Eliminate the parallelization overhead when not needed#5538
Eliminate the parallelization overhead when not needed#5538xificurk wants to merge 2 commits intophpstan:2.1.xfrom
Conversation
|
You've opened the pull request against the latest branch 2.2.x. PHPStan 2.2 is not going to be released for months. If your code is relevant on 2.1.x and you want it to be released sooner, please rebase your pull request and change its target to 2.1.x. |
Revert "Run the parallel worker even for a low number of files" This reverts commit 2159057.
16c8e91 to
c4db303
Compare
|
The current code is important so that every analysis runs in a child worker. It means we will get a nice output even if the analysis in the worker crashes. Addressing the root cause (the overhead you get for running a child worker) is really important here. It'd mean the analysis gets faster for everyone. Instead of working around it and run the analysis in the main thread. So if you're experiencing overhead, it'd be great to profile it with Blackfire or similar and make the code faster, or skip something that it doesn't have to do at all. Again, to repeat my usual point, it's best to analyse the whole project instead of select files. |
I can try dig into this more, but the bottom line is that there will always be some cost for the orchestration of child workers - the subprocess management is not free and never will be. So, I wouldn't call this a workaround - when analyzing just a few files skipping the subprocess management falls exactly into the category "skip something that it doesn't have to do at all". |
|
@ondrejmirtes I did profile via SPX and the worker overhead comes almost all from the phpstan initialization - phar load, DI initialization...
|
|
From your comment I understood this would take 4 seconds which seems weird to me and that something could definitely be cut there. |
|
Also - is this a graph of the worker process or the main process? My bet is on the worker process. But the main process might be intersting too - maybe we can cut something from there. If we started to analyse small number of files in the main process, this optimization door would close. |
|
Yes, the posted graph has been from worker, but the initialization is almost identical between main thread and the worker. The notable parts from both traces are: phar loading, neon parsing, DI initialization. DI initialization is dominated primarily by Better Reflection init, secondarily by symfony kernel parsing. As these are the core services phpstan type system, I don't think you can easily cut them away. One notable difference from the worker is the result cache loading. For partial analysis there is probably an easy optimization to consider - as the result cache is not used anyway, it should be possible to eliminate the metadata loading, or at least the costly call to |
|
Main worker should not need BetterReflection at all (maybe only at the end for collectors), it could be more lazy. Child worker doesn't need result cache at all. In fact, in only-files analysis, result cache shouldn't be needed by the main worker at all. So things could definitely be made more lazy (on demand) for everyone. |
It is being initialized by direct request from ContainerFactory::postInitializeContainer(). Any tip, how to easily test, if it can be eliminated in the main thred completely?
As can be seen from the traces this currently affects only the main thread. I already do have a local draft for this fix, but it brings 10x less effect than elimination of the wasteful parallelization prosed in this PR. |
|
Right now the expensive stuff is done in https://github.com/phpstan/phpstan-src/blob/2.2.x/src/Reflection/BetterReflection/BetterReflectionSourceLocatorFactory.php.
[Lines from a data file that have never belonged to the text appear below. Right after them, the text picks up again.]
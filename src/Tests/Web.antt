-- ===== src/Tests/Web.antt =====
-- The web interface.
use weiterleitung.Prelude.{
  ℕ, ◌≡◌, ◌≢◌, refl, List, [], ◌∷◌, ◌++◌, true, Option, none, some, Result, ok, err, In, head, ◌↔◌,
  ◌⊎◌,
}
use weiterleitung.Text.{Text, lit}
use weiterleitung.Configuration.{
  Settings, Environment, local, name_of, environment_of, direct, RelaySettings,
}
use weiterleitung.Database.{World}
use weiterleitung.SessionState.{
  uuid, user_id_key, flash_key, info, push_flash, get_flash_messages, flash_error, insert_user_id,
  get_user_id,
}
use weiterleitung.SessionState.Flash.{get_flash_messages-push_flash, waiting}
use weiterleitung.Authentication.Password.{
  verify_password_hash, invalid_credentials, unexpected_error, validate_credentials, Credentials,
}
use weiterleitung.Authentication.Password.Login.{row_of}
use weiterleitung.Authentication.Password.Errors.{
  IsRefused, unknown_username, validate_credentials-IsRefused, validate_credentials-invalid,
  validate_credentials-fault,
}
use weiterleitung.WebTemplates.{redirect, asset}
use weiterleitung.Routes.{Visit}
use weiterleitung.Routes.Assets.{etag, cache, serve_asset}
use weiterleitung.Routes.Assets.Fresh.{serve_asset-fresh}
use weiterleitung.Routes.Admin.{CreateAliasForm}
use weiterleitung.Startup.{
  Request, post_login, admin, post_delete_alias, get_dashboard, post_aliases, serve,
}
use weiterleitung.Startup.Guarded.{serve-turned_away}
use weiterleitung.Startup.Admission.{Reaches, here, request, LetIn, Reaches-LetIn}
use weiterleitung.Startup.Application.{build_application, serve-build_application}
use weiterleitung.Tests.Fixture.{ascii, world, router}
use weiterleitung.Tests.Visitor.{
  Held, sessions, sessions-IsSessionStore, plain, plain-Verifies, app, files, nobody, installed,
  right, wrong, visit,
}

abbrev form : weiterleitung.Routes.Login.LoginFormData
form = record { username = lit "admin"; password = lit "secret" }

wrong_refused :
    validate_credentials plain wrong installed
    ≡ (err (invalid_credentials (lit "Invalid password")), installed)
unfolding validate_credentials weiterleitung.Database.Exec.◌>>=◌ weiterleitung.Database.Exec.map_err
    weiterleitung.Authentication.Password.get_stored_credentials weiterleitung.Database.Exec.select
    weiterleitung.Database.Exec.lift weiterleitung.Text.eq_text weiterleitung.Prelude.find
    verify_password_hash
wrong_refused = refl

validate_credentials-IsRefused_example : IsRefused plain wrong installed.db
validate_credentials-IsRefused_example =
    validate_credentials-IsRefused plain wrong installed wrong_refused

abbrev stranger : Credentials
stranger = record { username = lit "eve"; password = lit "secret" }

nobody_named : row_of (lit "eve") installed.db ≡ none
unfolding weiterleitung.Prelude.find weiterleitung.Text.eq_text
nobody_named = refl

validate_credentials-invalid_example :
    (e : Text) × (validate_credentials plain stranger installed
      ≡ (err (invalid_credentials e), installed))
validate_credentials-invalid_example =
    validate_credentials-invalid plain stranger installed refl (unknown_username nobody_named)

abbrev failing : World
failing = record installed { faults = true ∷ [] }

right_fails :
    validate_credentials plain right failing
    ≡ (err (unexpected_error (lit "Failed to query the stored credentials")), installed)
unfolding validate_credentials weiterleitung.Database.Exec.◌>>=◌ weiterleitung.Database.Exec.map_err
    weiterleitung.Authentication.Password.get_stored_credentials weiterleitung.Database.Exec.select
right_fails = refl

validate_credentials-fault_example : In true (true ∷ [])
validate_credentials-fault_example = validate_credentials-fault plain right failing right_fails

-- An alias is created by the administrator, and by nobody else.
abbrev pub alias_form : CreateAliasForm
alias_form = record { local_part = lit " New "; mailbox_id = lit "m1"; note = lit "" }

abbrev pub inside : Held
inside = (insert_user_id sessions (lit "u1") nobody).1

created :
    (serve app files
      (admin (post_aliases alias_form))
      (record { session = inside; world = installed })).0
    ≡ redirect (lit "/admin/dashboard")
unfolding serve weiterleitung.Routes.respond weiterleitung.Startup.build_router
    weiterleitung.Startup.guarded weiterleitung.Routes.◌>>=◌ weiterleitung.Routes.in_session
    weiterleitung.Authentication.Middleware.authenticated_user get_user_id insert_user_id
    weiterleitung.Text.eq_text weiterleitung.Routes.give weiterleitung.Startup.admin_route
    weiterleitung.Routes.Admin.create_alias weiterleitung.Routes.call
    weiterleitung.Routes.Admin.chosen_local_part weiterleitung.Text.Trim.trim
    weiterleitung.Database.Exec.pure weiterleitung.Domain.EmailAddress.parse
    weiterleitung.Text.Split.rsplit_once weiterleitung.Domain.EmailAddress.bare
    weiterleitung.Configuration.default_domain weiterleitung.Domain.EmailAddress.valid_local
    weiterleitung.Domain.EmailAddress.valid_domain weiterleitung.Text.to_ascii_lowercase
    weiterleitung.Alias.find_alias_by_address weiterleitung.Database.Exec.select
    weiterleitung.Alias.alias_at weiterleitung.Domain.EmailAddress.normalised
    weiterleitung.Routes.outcome weiterleitung.Alias.insert_alias
    weiterleitung.Database.Exec.new_uuid weiterleitung.Database.Exec.now
    weiterleitung.Database.Exec.map_err weiterleitung.Database.Exec.execute
    weiterleitung.Alias.insert_row weiterleitung.Routes.say_info
created = refl

nobody_there : (x : Text) → (get_user_id sessions nobody).0 ≢ ok (some x)
unfolding get_user_id
nobody_there x h = cc

serve-turned_away_example : serve app files (admin (post_delete_alias (lit "a1"))) visit ≡ (
  redirect (lit "/login"),
  record {
    session =
        flash_error sessions
          (lit "You must be logged in to access that page")
          (get_user_id sessions nobody).1;
    world = installed;
  },
)
serve-turned_away_example =
    serve-turned_away app files (post_delete_alias (lit "a1")) visit nobody_there

abbrev after_login : Visit Held
after_login = (serve app files (post_login form) visit).1

logged_in : after_login.session user_id_key ≡ some (uuid (lit "u1"))
unfolding serve weiterleitung.Routes.respond weiterleitung.Startup.build_router
    weiterleitung.Routes.Login.login weiterleitung.Routes.◌>>=◌ weiterleitung.Routes.outcome
    validate_credentials weiterleitung.Database.Exec.◌>>=◌ weiterleitung.Database.Exec.map_err
    weiterleitung.Authentication.Password.get_stored_credentials weiterleitung.Database.Exec.select
    weiterleitung.Database.Exec.lift weiterleitung.Text.eq_text weiterleitung.Prelude.find
    weiterleitung.Database.Exec.pure weiterleitung.Routes.in_session insert_user_id
    weiterleitung.Routes.give verify_password_hash
logged_in = refl

abbrev requests : Reaches app files visit after_login
requests = request visit (post_login form) here

Reaches-LetIn_example : (none ≡ some (uuid (lit "u1"))) ⊎ LetIn app files requests (uuid (lit "u1"))
Reaches-LetIn_example =
    Reaches-LetIn app files (λ s j. s j) sessions-IsSessionStore requests (uuid (lit "u1"))
      logged_in

abbrev told : Held
told = push_flash sessions info (lit "Hello") nobody

told_removed : (sessions.remove flash_key told).0 ≡ ok (told flash_key)
told_removed = refl

get_flash_messages-push_flash_example :
    ((get_flash_messages sessions told).0
      ≡ [] ++ (record { level = info; content = lit "Hello" } ∷ []))
    × (waiting sessions
          (λ s j. s j)
          sessions-IsSessionStore
          ((get_flash_messages sessions told).1 flash_key)
        ≡ [])
get_flash_messages-push_flash_example =
    get_flash_messages-push_flash sessions (λ s j. s j) sessions-IsSessionStore info (lit "Hello")
      nobody refl (λ x t. refl) told_removed

serve_asset-fresh_example :
    (serve_asset files
        (some (etag files (lit "a{}")))
        (lit "a{}")
        (lit "text/css")
        (etag files (lit "a{}"))
      ≡ asset 304 ((lit "cache-control", cache) ∷ (lit "etag", etag files (lit "a{}")) ∷ []) [])
    × (serve_asset files
          (some (lit "\"old\"" ++ (b',' ∷ b' ' ∷ etag files (lit "a{}"))))
          (lit "a{}")
          (lit "text/css")
          (etag files (lit "a{}"))
        ≡ asset 304 ((lit "cache-control", cache) ∷ (lit "etag", etag files (lit "a{}")) ∷ []) [])
serve_asset-fresh_example = serve_asset-fresh files (lit "a{}") (lit "text/css") (lit "\"old\"")

abbrev settings : Settings
settings = record {
  application = record {
    port = 8000;
    host = lit "::1";
    base_url = lit "http://x.io";
    hmac_secret = lit "key";
  };
  database = record { path = lit "db" };
  admin = record { username = lit "admin"; password = lit "secret" };
  aliases = router.aliases;
  inbound = record { host = lit "::1"; port = 25; hostname = lit "mx"; max_message_size = 20 };
  delivery = record {
    mode = direct;
    relay = none;
    mail_dir = lit "mail";
    poll_interval_secs = 10;
    max_attempts = 8;
    ehlo_hostname = lit "mx";
  };
  dkim = record {
    enabled = true;
    domain = lit "x.io";
    selector = lit "s";
    private_key_path = none;
  };
}

abbrev any_port : Text → ℕ → Result Text ℕ
any_port host port = ok port

abbrev running : World
running = (build_application plain any_port settings world).1

built : build_application plain any_port settings world ≡ (ok 8000, running)
unfolding build_application weiterleitung.Database.Exec.◌>>=◌ weiterleitung.Database.Exec.attempt
    weiterleitung.Authentication.Password.seed_admin_user weiterleitung.Database.Exec.map_err
    weiterleitung.Authentication.Password.compute_password_hash
    weiterleitung.Authentication.Password.draw_salt weiterleitung.Database.Exec.lift
    weiterleitung.Database.Exec.new_uuid weiterleitung.Database.Exec.now
    weiterleitung.Database.Exec.execute weiterleitung.Authentication.Password.upsert_row
    weiterleitung.Prelude.any weiterleitung.Authentication.Password.hash_with
built = refl

running_clean : running.faults ≡ []
unfolding build_application weiterleitung.Database.Exec.◌>>=◌ weiterleitung.Database.Exec.attempt
    weiterleitung.Authentication.Password.seed_admin_user weiterleitung.Database.Exec.map_err
    weiterleitung.Authentication.Password.compute_password_hash
    weiterleitung.Authentication.Password.draw_salt weiterleitung.Database.Exec.lift
    weiterleitung.Database.Exec.new_uuid weiterleitung.Database.Exec.now
    weiterleitung.Database.Exec.execute weiterleitung.Authentication.Password.upsert_row
    weiterleitung.Prelude.any weiterleitung.Authentication.Password.hash_with
running_clean = refl

serve-build_application_example :
    (id : Text) × (serve app files (post_login form) (record { session = nobody; world = running })
      ≡ (
        redirect (lit "/admin/dashboard"),
        record { session = (insert_user_id sessions id nobody).1; world = running },
      ))
unfolding insert_user_id
serve-build_application_example =
    serve-build_application app files any_port settings world nobody plain-Verifies built
      running_clean (λ id. refl)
But I imagine it could run lazily on the first request to locateIdentifier. So a new SourceLocator implementation would act as a de-facto factory. |
|
@xificurk could you do another profile on latest 2.1.x? I guess you manually adjusted the codebase to be able to create a profile for the worker. could you write down how you created these 2 profiles? |
|
Yes, I'd love to see profiles for main process and worker process, and see what else we could eliminate there. |
|
I have a hacky local PoC that eliminates the BetterReflection overhad from the main thread. The change implemented in #5577 is only the first step. In short there are two more hurdles to clear
I'll try to clean this up and send PRs for each of those. But I would still consider the current PR valid. When the cost of partial analysis is small compared to the cost of phpstan lifecycle, the paralelization will always be an unncessary overhead. @staabm I'll get back to you with some howto and updated profiles later |


The main target of this optimization is partial analysis run with a small number of files.
In my test runs with single file analyzed, it cuts down the total time almost in half (8.9 s -> 5.0 s).
Note this actually reverts commit 2159057 (Run the parallel worker even for a low number of files) - I am not sure, what the motivation has been then.